Here's my test model: https://drive.google.com/file/d/1xxp8l_27BVKWtoJh5KsDmJkN1OSLarZX/view?usp=sharing
I don't have the volume to test but you could try a HASONEVALUE with an IF statement so that the SUMMARIZECOLUMNS is only done on the totals row and the [FCST overage]
measure on the 'ordinary' rows
I figured out the formula, however it appears that it's still affected by the volume issue (at least in my case), so I will need to go a different route it seems.
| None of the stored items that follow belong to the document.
-- ===== src/Manager/Shared.antt =====
-- Calls of `getEngine` from several threads.
use mathlib.Core.Path.{subst}
use cpp_jam.Common.{
  ℕ, suc, ◌<◌, ◌≡◌, refl, sym, ◌∙◌, ap, List, [], ◌∷◌, Option, none, some, ◌==◌, ==_iff, arith, All,
  All-get_elem?, get_elem?, ◌↔◌, ◌⊎◌, Bool-cases, if_true, if_false, inl, inr,
}
use cpp_jam.Common.Maps.{find, assign, find-assign}
use cpp_jam.Manager.Engines.{
  Manager, Request, World, Event, begins, finishes, disposes, engine_id, create_missing, look_again,
  dispose, after_look, begin, finish, step, run, initial,
}

-- Different hashes have different engines, and no engine is a later object.
record IsSound (m : Manager) : Type 0 where
  single : (i j o : ℕ) → find i m.engines ≡ some o → find j m.engines ≡ some o → i ≡ j
  old : (i o : ℕ) → find i m.engines ≡ some o → o < m.next_object

-- Each engine that was returned is still the one of its hash.
abbrev IsCurrent : (ℕ → ℕ) → List (ℕ × ℕ) → Request × ℕ → Type 0
IsCurrent hash engines p = find (engine_id hash p.0) engines ≡ some p.1

record IsShared (hash : ℕ → ℕ) (w : World) : Type 0 where
  sound : IsSound w.manager
  current : All (IsCurrent hash w.manager.engines) w.returned

module _ (id : ℕ) (m : Manager) (absent : find id m.engines ≡ none) where
  abbrev created : Manager
  created = record m {
    engines = assign id m.next_object m.engines;
    next_object = suc m.next_object;
  }

  find_new : find id created.engines ≡ some m.next_object
  find_new =
      find-assign id id m.next_object m.engines ∙ if_true (id == id) _ _ ((==_iff id id).1 refl)

  find_old : (i o : ℕ) → find i m.engines ≡ some o → find i created.engines ≡ some o
  find_old i o there = find-assign id i m.next_object m.engines ∙ elim (Bool-cases (id == i)) [
    | inl same ↦
        let e : id ≡ i = (==_iff id i).0 same in
        let clash : none ≡ some o = sym absent ∙ ap (λ x. find x m.engines) e ∙ there in absurd (cc)
    | inr other ↦ if_false (id == i) _ _ other ∙ there
  ]

  -- What is found is the new engine or was there before.
  find_created :
      (i o : ℕ)
      → find i created.engines ≡ some o
      → (id ≡ i) × (m.next_object ≡ o) ⊎ (find i m.engines ≡ some o)
  find_created i o there =
      let h = sym (find-assign id i m.next_object m.engines) ∙ there in
      elim (Bool-cases (id == i)) [
        | inl same ↦
            let e : some m.next_object ≡ some o = sym (if_true (id == i) _ _ same) ∙ h in
            inl ((==_iff id i).0 same, cc)
        | inr other ↦ inr (sym (if_false (id == i) _ _ other) ∙ h)
      ]

  created-IsSound : IsSound m → IsSound created
  created-IsSound sound = record {
    single = λ i j o a b. elim (find_created i o a) [
      | inl (i_new, o_new) ↦ elim (find_created j o b) [
        | inl (j_new, o_new') ↦ sym i_new ∙ j_new
        | inr j_old ↦ absurd (let lt = sound.old j o j_old in omega (arith, lt, o_new))
      ]
      | inr i_old ↦ elim (find_created j o b) [
        | inl (j_new, o_new) ↦ absurd (let lt = sound.old i o i_old in omega (arith, lt, o_new))
        | inr j_old ↦ sound.single i j o i_old j_old
      ]
    ];
    old = λ i o a. elim (find_created i o a) [
      | inl (i_new, o_new) ↦ omega (arith, o_new)
      | inr i_old ↦ let lt = sound.old i o i_old in omega (arith, lt)
    ];
  }

-- `look_again` gives the engine of the hash, and every engine that was there stays.
look_again-IsSound :
    (id : ℕ) (m : Manager)
    → IsSound m
    → IsSound (look_again id m).1
      × (find id (look_again id m).1.engines ≡ some (look_again id m).0)
      × ((i o : ℕ) → find i m.engines ≡ some o → find i (look_again id m).1.engines ≡ some o)
unfolding look_again create_missing
look_again-IsSound id m sound = by_find (find id m.engines) refl
  where
    by_find :
        (r : Option ℕ)
        → find id m.engines ≡ r
        → IsSound (create_missing id m r).1
          × (find id (create_missing id m r).1.engines ≡ some (create_missing id m r).0)
          × ((i o : ℕ)
              → find i m.engines ≡ some o
              → find i (create_missing id m r).1.engines ≡ some o)
    by_find (some it) e = (sound, e, λ i o there. there)
    by_find none e = (created-IsSound id m e sound, find_new id m e, find_old id m e)

still :
    (hash : ℕ → ℕ) (engines engines' : List (ℕ × ℕ))
    → ((i o : ℕ) → find i engines ≡ some o → find i engines' ≡ some o)
    → (ps : List (Request × ℕ)) → All (IsCurrent hash engines) ps
    → All (IsCurrent hash engines') ps
still hash engines engines' stays [] all = tt
still hash engines engines' stays (p ∷ ps) all =
    (stays (engine_id hash p.0) p.1 all.0, still hash engines engines' stays ps all.1)

module _ (hash : ℕ → ℕ) (arrange : List ℕ → List ℕ) (w : World) (shared : IsShared hash w) where
  begin-IsShared :
      (tid : ℕ) (r : Request) (o : Option Request) → IsShared hash (begin hash tid r w o)
  unfolding begin after_look
  begin-IsShared tid r (some r') = shared
  begin-IsShared tid r none = by_find (find (engine_id hash r) w.manager.engines) refl
    where
      by_find :
          (f : Option ℕ)
          → find (engine_id hash r) w.manager.engines ≡ f
          → IsShared hash (after_look tid r w f)
      by_find (some it) e = record { sound = shared.sound; current = (e, shared.current) }
      by_find none e = record { sound = shared.sound; current = shared.current }

  finish-IsShared : (tid : ℕ) (o : Option Request) → IsShared hash (finish hash tid w o)
  unfolding finish
  finish-IsShared tid none = shared
  finish-IsShared tid (some r) =
      let (sound, here, stays) = look_again-IsSound (engine_id hash r) w.manager shared.sound in
      record {
        sound = sound;
        current = (here, still hash w.manager.engines _ stays w.returned shared.current);
      }

  dispose-IsShared : IsShared hash (record w { manager = dispose arrange w.manager })
  unfolding dispose
  dispose-IsShared = elim (Bool-cases w.manager.disposed) [
    | inl again ↦
        subst (λ m. IsShared hash (record w { manager = m }))
          (sym (if_true w.manager.disposed _ _ again)) shared
    | inr first ↦
        subst (λ m. IsShared hash (record w { manager = m }))
          (sym (if_false w.manager.disposed _ _ first))
          (record {
            sound = record { single = shared.sound.single; old = shared.sound.old };
            current = shared.current;
          })
  ]

  step-IsShared : (e : Event) → IsShared hash (step hash arrange e w)
  unfolding step
  step-IsShared (begins tid r) = begin-IsShared tid r (w.waiting tid)
  step-IsShared (finishes tid) = finish-IsShared tid (w.waiting tid)
  step-IsShared disposes = dispose-IsShared

run-IsShared :
    (hash : ℕ → ℕ) (arrange : List ℕ → List ℕ) (es : List Event) (w : World)
    → IsShared hash w
    → IsShared hash (run hash arrange es w)
unfolding run
run-IsShared hash arrange [] w shared = shared
run-IsShared hash arrange (e ∷ es) w shared =
    run-IsShared hash arrange es (step hash arrange e w) (step-IsShared hash arrange w shared e)

initial-IsShared : (hash : ℕ → ℕ) → IsShared hash initial
unfolding find
initial-IsShared hash = record {
  sound = record { single = λ i j o a b. absurd (cc); old = λ i o a. absurd (cc) };
  current = tt;
}

-- However the calls of `getEngine` from several threads and of `dispose` come between each other, two calls return the same engine just if the hashes of their
-- argument types are equal, whatever the types of their keys.
pub get_engine_iff :
    (hash : ℕ → ℕ) (arrange : List ℕ → List ℕ) (es : List Event) (n n' : ℕ) (r r' : Request)
    (o o' : ℕ)
    → get_elem? (run hash arrange es initial).returned n ≡ some (r, o)
    → get_elem? (run hash arrange es initial).returned n' ≡ some (r', o')
    → (o ≡ o') ↔ (hash r.args ≡ hash r'.args)
unfolding engine_id
get_engine_iff hash arrange es n n' r r' o o' at at' =
    let w = run hash arrange es initial in
    let shared = run-IsShared hash arrange es initial (initial-IsShared hash) in
    let here : find (hash r.args) w.manager.engines ≡ some o =
      All-get_elem? (IsCurrent hash w.manager.engines) w.returned n (r, o) shared.current at in
    let there : find (hash r'.args) w.manager.engines ≡ some o' =
      All-get_elem? (IsCurrent hash w.manager.engines) w.returned n' (r', o') shared.current at' in
    (
      λ e. shared.sound.single (hash r.args) (hash r'.args) o here (there ∙ ap some (sym e)),
      λ e.
          let same : some o ≡ some o' = sym here ∙ ap (λ x. find x w.manager.engines) e ∙ there in
          cc,
    )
For thoroughness and documentation, here's the formula I created;
FCST Overage 2 =
if(
not(
or(
or(
HASONEVALUE(Customers[Customer ID]),
HASONEVALUE(Locations[Location ID])
), HASONEVALUE(Items[Item ID])
)
),
SUMX(
SUMMARIZECOLUMNS(
Customers[Customer ID],
Locations[Location ID],
Items[Item ID]
),
-min([FCST QTY]-[Sales QTY],blank())
),
[FCST Overage]
)
As explanation, in order to capture whether or not the row is a grand total, we have to NOR (not-or) the three separate HASONEVALUE functions. If NOR returns TRUE (all 3 columns have more than 1 value), then I SUMX, otherwise use the cheap measure.
Unfortunately in my case that doesn't seem to move the needle. I think even just calculating it once is too heavy. It's turning a 5,000×50×20,000×500 computation into a 5,000×50×20,000×1 computation.
HASONEVALUE only seems to accept one column, so how would you recommend I draft that IF statement considering I have 3 separate tables to reference as context?
I've tried this; but the totals are still showing the same incorrect value.
FCST Overage =
if(
and(
and(
HASONEVALUE(Customers[Customer ID]),
HASONEVALUE(Locations[Location ID])
),
HASONEVALUE(Items[Item ID])
),
SUMX(
SUMMARIZECOLUMNS(Customers[Customer ID], Locations[Location ID], Items[Item ID]), [FCST Shortage]
),
[FCST Overage]
)
My preferred method for these issues is to iterate over the rows involved. Sometimes it gets more complicated to get the correct granularity, so for this, I think you have to create a measure like:
SUMX ( SUMMARIZECOLUMNS ( Customers[Customer Name], Locations[Location Name] , Items[Item Name]), [FCST Overage])
the other one will be similar.
Also, I don't think you need the CALCULATE on 2 of the base measures. (FCST QTY, Sales QTY )
Thanks for the reply. I can confirm that this solution does technically work, however from what I can tell this seems to explode in computation time when I plug it into my main model. I assume it's because it's creating a virtual table of Customers × Locations × Items for every single row in my matrix (which is fine for 2×2×2×16 on the test model, but infeasible for 5,000×50×20,000×5,000).
Is there a way to optimize this for larger data sets?